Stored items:

=== Section Start ===

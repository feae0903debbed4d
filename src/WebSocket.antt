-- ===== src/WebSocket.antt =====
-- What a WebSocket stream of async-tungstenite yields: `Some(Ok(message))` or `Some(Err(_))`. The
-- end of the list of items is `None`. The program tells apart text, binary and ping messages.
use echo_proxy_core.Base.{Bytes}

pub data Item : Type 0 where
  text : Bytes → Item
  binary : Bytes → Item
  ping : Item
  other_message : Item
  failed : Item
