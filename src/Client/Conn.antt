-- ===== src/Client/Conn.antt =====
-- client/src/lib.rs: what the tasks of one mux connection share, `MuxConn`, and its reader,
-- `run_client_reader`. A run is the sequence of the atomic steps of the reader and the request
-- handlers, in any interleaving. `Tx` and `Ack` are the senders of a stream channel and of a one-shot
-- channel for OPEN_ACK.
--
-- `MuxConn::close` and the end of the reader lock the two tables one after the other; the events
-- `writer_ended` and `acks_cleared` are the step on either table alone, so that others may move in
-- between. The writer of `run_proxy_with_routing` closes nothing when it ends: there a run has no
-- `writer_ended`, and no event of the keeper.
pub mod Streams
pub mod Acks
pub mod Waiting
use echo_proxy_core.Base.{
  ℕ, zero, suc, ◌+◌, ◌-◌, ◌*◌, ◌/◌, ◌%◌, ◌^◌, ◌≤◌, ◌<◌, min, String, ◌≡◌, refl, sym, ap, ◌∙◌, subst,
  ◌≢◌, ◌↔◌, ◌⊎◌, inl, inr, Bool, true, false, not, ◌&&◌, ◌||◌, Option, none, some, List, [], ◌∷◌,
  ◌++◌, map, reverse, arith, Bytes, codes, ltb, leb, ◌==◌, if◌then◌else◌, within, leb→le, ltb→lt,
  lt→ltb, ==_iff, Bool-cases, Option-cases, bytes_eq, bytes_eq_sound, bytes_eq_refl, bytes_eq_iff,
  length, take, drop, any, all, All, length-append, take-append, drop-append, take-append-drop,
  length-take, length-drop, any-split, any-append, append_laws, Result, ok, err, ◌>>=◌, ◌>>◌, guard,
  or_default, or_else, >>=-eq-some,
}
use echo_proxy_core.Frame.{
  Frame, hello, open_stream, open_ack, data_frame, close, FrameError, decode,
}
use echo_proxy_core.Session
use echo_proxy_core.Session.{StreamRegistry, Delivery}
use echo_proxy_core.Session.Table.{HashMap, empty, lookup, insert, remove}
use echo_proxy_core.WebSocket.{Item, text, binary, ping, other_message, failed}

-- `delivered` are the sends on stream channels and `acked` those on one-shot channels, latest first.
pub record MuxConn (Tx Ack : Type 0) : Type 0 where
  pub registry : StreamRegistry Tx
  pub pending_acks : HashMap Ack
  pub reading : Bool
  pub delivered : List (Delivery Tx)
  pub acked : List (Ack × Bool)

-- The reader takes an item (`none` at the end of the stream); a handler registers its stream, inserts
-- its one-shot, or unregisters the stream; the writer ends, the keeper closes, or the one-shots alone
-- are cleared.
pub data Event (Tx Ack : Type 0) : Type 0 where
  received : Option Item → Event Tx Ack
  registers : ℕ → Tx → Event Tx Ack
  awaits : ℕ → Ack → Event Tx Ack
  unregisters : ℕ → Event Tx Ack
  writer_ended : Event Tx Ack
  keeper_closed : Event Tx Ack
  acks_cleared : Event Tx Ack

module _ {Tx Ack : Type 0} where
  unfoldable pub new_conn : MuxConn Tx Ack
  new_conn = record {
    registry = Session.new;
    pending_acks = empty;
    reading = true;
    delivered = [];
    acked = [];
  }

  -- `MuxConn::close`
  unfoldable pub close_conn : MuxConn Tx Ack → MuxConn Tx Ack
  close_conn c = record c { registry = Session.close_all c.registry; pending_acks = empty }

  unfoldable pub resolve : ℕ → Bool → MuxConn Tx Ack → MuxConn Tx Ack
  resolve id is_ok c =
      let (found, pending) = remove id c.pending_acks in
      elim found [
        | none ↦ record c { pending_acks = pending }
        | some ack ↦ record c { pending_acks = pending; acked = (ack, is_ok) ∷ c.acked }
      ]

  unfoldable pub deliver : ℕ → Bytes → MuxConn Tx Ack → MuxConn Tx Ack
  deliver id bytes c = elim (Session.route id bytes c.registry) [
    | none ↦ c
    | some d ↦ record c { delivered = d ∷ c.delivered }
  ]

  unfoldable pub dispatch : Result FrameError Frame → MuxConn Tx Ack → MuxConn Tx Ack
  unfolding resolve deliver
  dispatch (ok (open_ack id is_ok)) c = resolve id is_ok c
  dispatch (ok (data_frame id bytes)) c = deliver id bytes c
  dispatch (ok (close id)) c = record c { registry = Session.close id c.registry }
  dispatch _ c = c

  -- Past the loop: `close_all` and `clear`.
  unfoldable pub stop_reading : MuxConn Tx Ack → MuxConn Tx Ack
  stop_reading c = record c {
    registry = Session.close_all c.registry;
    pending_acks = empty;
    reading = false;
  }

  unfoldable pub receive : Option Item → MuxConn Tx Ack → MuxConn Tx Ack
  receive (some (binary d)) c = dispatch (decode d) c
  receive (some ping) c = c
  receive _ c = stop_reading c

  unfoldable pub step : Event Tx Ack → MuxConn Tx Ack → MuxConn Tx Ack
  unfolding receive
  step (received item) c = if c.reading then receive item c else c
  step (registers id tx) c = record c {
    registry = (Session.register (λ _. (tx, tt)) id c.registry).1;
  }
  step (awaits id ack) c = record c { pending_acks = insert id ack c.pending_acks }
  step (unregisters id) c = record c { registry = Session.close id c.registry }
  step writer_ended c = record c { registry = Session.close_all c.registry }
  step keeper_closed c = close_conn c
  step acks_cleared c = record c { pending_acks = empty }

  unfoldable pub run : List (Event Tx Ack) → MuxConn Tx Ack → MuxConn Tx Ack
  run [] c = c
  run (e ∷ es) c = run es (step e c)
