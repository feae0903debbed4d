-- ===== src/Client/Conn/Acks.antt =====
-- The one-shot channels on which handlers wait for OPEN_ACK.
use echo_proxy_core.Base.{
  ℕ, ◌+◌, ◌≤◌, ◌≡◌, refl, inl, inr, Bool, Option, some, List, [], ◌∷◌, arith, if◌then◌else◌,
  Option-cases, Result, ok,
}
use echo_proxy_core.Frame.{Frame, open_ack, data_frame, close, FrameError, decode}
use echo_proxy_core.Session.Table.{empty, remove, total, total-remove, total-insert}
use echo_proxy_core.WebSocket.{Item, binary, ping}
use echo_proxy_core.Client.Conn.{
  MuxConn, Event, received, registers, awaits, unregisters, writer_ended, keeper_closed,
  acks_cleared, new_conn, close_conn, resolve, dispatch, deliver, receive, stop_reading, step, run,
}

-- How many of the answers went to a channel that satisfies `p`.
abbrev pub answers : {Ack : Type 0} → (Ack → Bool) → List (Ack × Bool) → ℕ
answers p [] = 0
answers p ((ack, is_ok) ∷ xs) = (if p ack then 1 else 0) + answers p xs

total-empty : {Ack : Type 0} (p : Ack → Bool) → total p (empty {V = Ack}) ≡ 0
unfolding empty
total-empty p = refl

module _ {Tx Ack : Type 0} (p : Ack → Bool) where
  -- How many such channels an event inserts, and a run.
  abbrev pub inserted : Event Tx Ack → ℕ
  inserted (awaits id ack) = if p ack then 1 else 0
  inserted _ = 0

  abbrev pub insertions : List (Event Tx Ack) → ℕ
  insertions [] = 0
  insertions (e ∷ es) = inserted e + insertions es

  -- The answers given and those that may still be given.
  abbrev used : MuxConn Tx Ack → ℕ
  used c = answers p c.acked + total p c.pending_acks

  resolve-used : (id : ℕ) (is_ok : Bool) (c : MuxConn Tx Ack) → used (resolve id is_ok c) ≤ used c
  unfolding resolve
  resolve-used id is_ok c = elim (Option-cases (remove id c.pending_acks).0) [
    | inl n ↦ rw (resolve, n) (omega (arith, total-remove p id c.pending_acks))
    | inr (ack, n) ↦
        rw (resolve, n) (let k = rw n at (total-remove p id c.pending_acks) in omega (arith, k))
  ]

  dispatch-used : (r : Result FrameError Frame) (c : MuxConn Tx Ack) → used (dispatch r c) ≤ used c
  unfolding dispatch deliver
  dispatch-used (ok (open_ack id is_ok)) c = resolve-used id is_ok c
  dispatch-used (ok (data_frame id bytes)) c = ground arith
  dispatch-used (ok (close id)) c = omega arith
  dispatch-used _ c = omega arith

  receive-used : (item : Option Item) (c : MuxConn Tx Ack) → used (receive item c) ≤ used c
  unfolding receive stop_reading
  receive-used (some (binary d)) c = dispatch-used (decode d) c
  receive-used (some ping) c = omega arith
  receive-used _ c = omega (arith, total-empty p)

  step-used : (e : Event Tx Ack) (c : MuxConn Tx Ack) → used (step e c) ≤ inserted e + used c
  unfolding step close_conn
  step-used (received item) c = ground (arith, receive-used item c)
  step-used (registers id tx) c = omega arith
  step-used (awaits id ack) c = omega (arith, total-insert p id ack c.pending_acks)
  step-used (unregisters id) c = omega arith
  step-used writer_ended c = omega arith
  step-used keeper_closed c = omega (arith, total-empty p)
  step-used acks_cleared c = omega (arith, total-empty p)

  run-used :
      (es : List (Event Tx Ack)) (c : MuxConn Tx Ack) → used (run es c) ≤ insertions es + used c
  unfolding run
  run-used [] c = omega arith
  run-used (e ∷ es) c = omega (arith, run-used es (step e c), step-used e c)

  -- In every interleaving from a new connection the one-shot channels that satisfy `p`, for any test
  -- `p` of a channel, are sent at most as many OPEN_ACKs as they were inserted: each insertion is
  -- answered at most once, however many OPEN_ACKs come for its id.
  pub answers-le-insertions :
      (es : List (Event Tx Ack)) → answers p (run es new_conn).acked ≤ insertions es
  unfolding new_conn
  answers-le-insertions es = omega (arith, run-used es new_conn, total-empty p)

=== Section End ===

* ASSIGNMENT
Using the data above, work out how many lines include the word "HashMap" and give only that number.

* RESULT BELOW
2